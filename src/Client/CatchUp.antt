-- ===== src/Client/CatchUp.antt =====
-- The gap sync loop of apps/web/src/features/chat/gapSync.ts against `listMessagesAfter` of
-- apps/api/src/db/messages.ts.
use mathlib.Core.Path.{subst}
use videochat.Prelude.{
  ℕ, zero, suc, ◌+◌, ◌*◌, ◌≤◌, ◌≡◌, refl, sym, ◌∙◌, ap, inl, inr, true, Option, some, List, [],
  ◌++◌, select, take, drop, last?, length, ltb, arith, Bool-cases, ◌==◌, order_by, IsDistinct,
  IsOrder, order_by-IsSorted, select-order_by, rest-after_page, IsDistinct-select, select-select,
  All-select_self, All-order_by, All-last_take, last?-take, take-take_suc, take-append-drop,
  take-long, length-take,
}
use videochat.Messages.{Chat, MessageRow}
use videochat.Messages.Sequence.{IsGapless, last_seq_of, seqs}
use videochat.Messages.Paging.{list_messages_after, after_where, older, MessagesPage}
use videochat.Messages.History.{countdown-IsDistinct}
use videochat.Client.GapSync.{get_last_seen_seq, Bookmarks, collect_pages, next_after, sync_one}

older-IsOrder : IsOrder older
older-IsOrder = record { trans = λ a b c h k. ground arith; irrefl = λ a. ground arith }

-- The messages of a conversation after a sequence number, oldest first.
unfoldable pub missed : List MessageRow → ℕ → ℕ → List MessageRow
missed messages c after_seq = order_by older (select (after_where c after_seq) messages)

module _ (messages : List MessageRow) (c : ℕ)
    (distinct : IsDistinct older (select (λ r. r.conversation_id == c) messages)) where
  select-IsDistinct : (after_seq : ℕ) → IsDistinct older (select (after_where c after_seq) messages)
  select-IsDistinct after_seq =
      subst (λ (xs : List MessageRow). IsDistinct older xs)
        (select-select (λ r. ltb after_seq r.seq) (λ r. r.conversation_id == c)
          (after_where c after_seq) messages (λ r. refl))
        (IsDistinct-select older (λ r. ltb after_seq r.seq) _ distinct)

  missed-next :
      (limit after_seq : ℕ) (l : MessageRow)
      → last? (take limit (missed messages c after_seq)) ≡ some l
      → missed messages c l.seq ≡ drop limit (missed messages c after_seq)
  unfolding missed
  missed-next limit after_seq l e =
      let later : after_where c after_seq l ≡ true =
        All-last_take (λ r. after_where c after_seq r ≡ true) limit (missed messages c after_seq) l
          e
          (All-order_by (λ r. after_where c after_seq r ≡ true) older
            (select (after_where c after_seq) messages)
            (All-select_self (after_where c after_seq) messages)) in
      let same =
        select-select (older l) (after_where c after_seq) (after_where c l.seq) messages
          (λ r. ground (arith, later)) in
      sym (ap (λ (t : List MessageRow). order_by older t) same)
      ∙ sym (
          select-order_by older older-IsOrder (older l) (select (after_where c after_seq) messages)
            (select-IsDistinct after_seq))
      ∙ rest-after_page older older-IsOrder limit (missed messages c after_seq) l
          (order_by-IsSorted older older-IsOrder _ (select-IsDistinct after_seq)) e

  -- One page of the server.
  page-rows :
      (limit after_seq : ℕ)
      → (list_messages_after messages c after_seq limit).rows
        ≡ take limit (missed messages c after_seq)
  unfolding list_messages_after missed
  page-rows limit after_seq = take-take_suc limit _

  page-has_more :
      (limit after_seq : ℕ)
      → (list_messages_after messages c after_seq limit).has_more
        ≡ ltb limit (length (missed messages c after_seq))
  unfolding list_messages_after missed
  page-has_more limit after_seq =
      ground (
        arith,
        length-take (limit + 1) (order_by older (select (after_where c after_seq) messages)),
      )

  module _ (limit : ℕ) (limit_positive : 1 ≤ limit) where
    abbrev serve_after : ℕ → Option (MessagesPage MessageRow)
    serve_after after_seq = some (list_messages_after messages c after_seq limit)

    collect_pages-serves :
        (pages after_seq : ℕ) (marks : Bookmarks)
        → (collect_pages (λ r. r.seq) pages serve_after c after_seq marks).0
          ≡ take (pages * limit) (missed messages c after_seq)
    unfolding collect_pages
    collect_pages-serves zero after_seq marks =
        let none_ : 0 ≡ 0 * limit = omega arith in
        subst (λ k. [] ≡ take k (missed messages c after_seq)) none_ refl
    collect_pages-serves (suc n) after_seq marks =
        let all_ = missed messages c after_seq in
        let steps : limit + n * limit ≡ suc n * limit = omega arith in
        elim (Bool-cases (ltb limit (length all_))) [
          | inl more ↦
              let (l, last_) = last?-take limit all_ limit_positive (ground (arith, more)) in
              rw (page-has_more limit after_seq) (
                rw more (
                  rw (page-rows limit after_seq) (
                    ap (λ (t : List MessageRow). take limit all_ ++ t)
                      (collect_pages-serves n _ _
                        ∙ ap
                            (λ o. take (n * limit) (
                              missed messages c
                                (next_after (λ (r : MessageRow). r.seq) after_seq o)))
                            last_
                        ∙ ap (λ (t : List MessageRow). take (n * limit) t)
                            (missed-next limit after_seq l last_))
                    ∙ take-append-drop limit (n * limit) all_
                    ∙ ap (λ k. take k all_) steps)))
          | inr done ↦ rw (page-has_more limit after_seq) (
              rw done (
                rw (page-rows limit after_seq) (
                  take-long limit all_ (ground (arith, done))
                  ∙ sym (take-long (suc n * limit) all_ (ground (arith, done, steps))))))
        ]

-- What a reconnect hands to the screen is what the conversation received after the bookmark, all
-- of it in order with nothing skipped or repeated, up to 25 pages of the server's page size.
pub sync_one_complete :
    (chat : Chat) (c limit after_seq : ℕ) (marks : Bookmarks)
    → IsGapless chat
    → 1 ≤ limit
    → get_last_seen_seq marks c ≡ some after_seq
    → (sync_one (λ r. r.seq) marks (λ a. some (list_messages_after chat.messages c a limit)) c).0
      ≡ take (25 * limit) (missed chat.messages c after_seq)
unfolding sync_one seqs
sync_one_complete chat c limit after_seq marks g positive seen = rw seen (
    collect_pages-serves chat.messages c
      (countdown-IsDistinct (last_seq_of c chat.conversations) _ (g.numbered c)).1 limit positive 25
      after_seq marks)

--------

**TRY IT:** Retype exactly the span of lines from the one with "let (l, last_)" through the one with "unfolding sync_one seqs"; include both ends and omit the rest of the material.

**COMPLETED EXERCISE:**
              let (l, last_) = last?-take limit all_ limit_positive (ground (arith, more)) in
              rw (page-has_more limit after_seq) (
                rw more (
                  rw (page-rows limit after_seq) (
                    ap (λ (t : List MessageRow). take limit all_ ++ t)
                      (collect_pages-serves n _ _
                        ∙ ap
                            (λ o. take (n * limit) (
                              missed messages c
                                (next_after (λ (r : MessageRow). r.seq) after_seq o)))
                            last_
                        ∙ ap (λ (t : List MessageRow). take (n * limit) t)
                            (missed-next limit after_seq l last_))
                    ∙ take-append-drop limit (n * limit) all_
                    ∙ ap (λ k. take k all_) steps)))
          | inr done ↦ rw (page-has_more limit after_seq) (
              rw done (
                rw (page-rows limit after_seq) (
                  take-long limit all_ (ground (arith, done))
                  ∙ sym (take-long (suc n * limit) all_ (ground (arith, done, steps))))))
        ]

-- What a reconnect hands to the screen is what the conversation received after the bookmark, all
-- of it in order with nothing skipped or repeated, up to 25 pages of the server's page size.
pub sync_one_complete :
    (chat : Chat) (c limit after_seq : ℕ) (marks : Bookmarks)
    → IsGapless chat
    → 1 ≤ limit
    → get_last_seen_seq marks c ≡ some after_seq
    → (sync_one (λ r. r.seq) marks (λ a. some (list_messages_after chat.messages c a limit)) c).0
      ≡ take (25 * limit) (missed chat.messages c after_seq)
unfolding sync_one seqs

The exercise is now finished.